Licensing UD treebanks
This page documents how UD treebanks are licensed. It provides information for UD data providers (while the users of the treebanks should refer to the LICENSE files of the individual treebanks). Disclaimer: This page has not been written by a lawyer and it should not be considered legal advice!
UD is distributed with a mixed license where the license terms of individual treebanks vary. Most UD treebanks use a variant of a Creative Commons (CC) license. The main difference is that some treebanks use the NonCommercial (NC) version of the license, i.e., they cannot be used for commercial purposes. This is always the decision of the data providers: New treebank repositories are created with CC BY-SA 4.0 by default, but the data provider can change it to CC BY-NC-SA 4.0.
As a treebank contributor, you are responsible for giving it a suitable license. We will assume that you have the right to make the data available under this license in a UD release; do not upload data to a UD repository unless the data is copyright-free, or you hold the copyright, or you have obtained the permission to use and distribute the data from the copyright holder!

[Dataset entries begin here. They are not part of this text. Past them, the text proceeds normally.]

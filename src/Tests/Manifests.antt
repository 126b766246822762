-- ===== src/Tests/Manifests.antt =====
-- A manifest that is signed, altered and checked (shard/shard/manifest.py).
use shard_glm_image.Base.{◌≡◌, refl, none, some, [], ◌∷◌, inr, text_discrete}
use shard_glm_image.Receipt.Dict.{
  Dict, ok, err, text, other, unsigned, wrong_signer, unknown_schema, get, put, without,
  Value-discrete, Found-discrete,
}
use shard_glm_image.Receipt.Signing.{truthy, check_signer, decode, check_signature}
use shard_glm_image.Manifest.{manifest_schema, signed_bytes, sign_manifest, verify_manifest}
use shard_glm_image.Manifest.Signed.{verify_manifest-sign_manifest}
use shard_glm_image.Tests.Receipts.{toy, toy-IsSound}

-- It carries a signature of an earlier version.
abbrev draft : Dict
draft = ("schema", manifest_schema) ∷ ("signature", text "old") ∷ ("weight_map", other 7) ∷ []

program : Unit {0}
unfolding text_discrete get put without truthy check_signer decode check_signature signed_bytes
    sign_manifest verify_manifest Value-discrete Found-discrete toy
program = tt

labelled : get draft "schema" ≡ some manifest_schema
unfolding program
labelled = refl

unsigned_lem : verify_manifest toy (("schema", manifest_schema) ∷ []) none ≡ err unsigned
unfolding program
unsigned_lem = refl

other_publisher :
    verify_manifest toy (sign_manifest toy draft "mine") (some "theirs") ≡ err wrong_signer
unfolding program
other_publisher = refl

other_schema :
    verify_manifest toy (("schema", text "shard-receipt/1") ∷ []) none ≡ err unknown_schema
unfolding program
other_schema = refl

verify_manifest-sign_manifest_example :
    verify_manifest toy (sign_manifest toy draft "mine") (some (toy.public "mine"))
    ≡ ok (toy.public "mine")
verify_manifest-sign_manifest_example =
    verify_manifest-sign_manifest toy draft "mine" (some (toy.public "mine")) toy-IsSound labelled
      (inr refl)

There are two places within each treebank repository where the license is indicated; if you change
one of them, you must make sure to change the other accordingly! First, there is a file named
LICENSE.txt. It normally contains only a reference to the website with the full text of the
license, although it is possible to also copy the text to the file. Second, the machine-readable
metadata section at the end of the README.md file contains a License: line, which must contain
the string identifying the license.
For historical reasons, some treebanks have older versions of CC licenses. It is also possible to have a less restrictive CC license (such as CC BY 4.0). Do not use a more restrictive license; specifically, avoid licenses with the NoDerivatives (ND) restriction. This is evil because it could be taken as freezing the data without a possibility to fix it if the UD guidelines or validation change; it is also questionable whether a parsing model can be trained on such data and then made available to users.
A few legacy treebanks have non-CC licenses, including the GNU GPL, which is designed for software code (rather than corpora) and should not be used in UD treebanks.
A limiting factor is often the underlying text, which may be copyrighted. Some treebanks (for example, the GSD treebanks of several languages) explicitly indicate that their license pertains to the annotations and the treebank authors do not claim any ownership over the underlying texts. This typically applies to sentences crawled from the web; in addition, the sentences are shuffled (or randomly sampled) so they do not form a coherent discourse (working under the assumption that a single sentence is unlikely to constitute a copyrightable work). While this technique may help avoid copyright infringement, it should be the last resort, as it makes the data useless for any linguistic research that looks beyond the sentence boundary. It is preferable to use text that can be reproduced as a whole (or, if shuffling is inevitable, at least shuffle blocks that contain several sentences).
In extreme cases, a few UD treebanks provide only the UD annotations without the words, which have to be obtained from another source (sometimes free of charge, sometimes not). This may sometimes make sense for corpora that already have broad user bases, but in general it makes the treebank a second-class citizen, which most UD users will just ignore.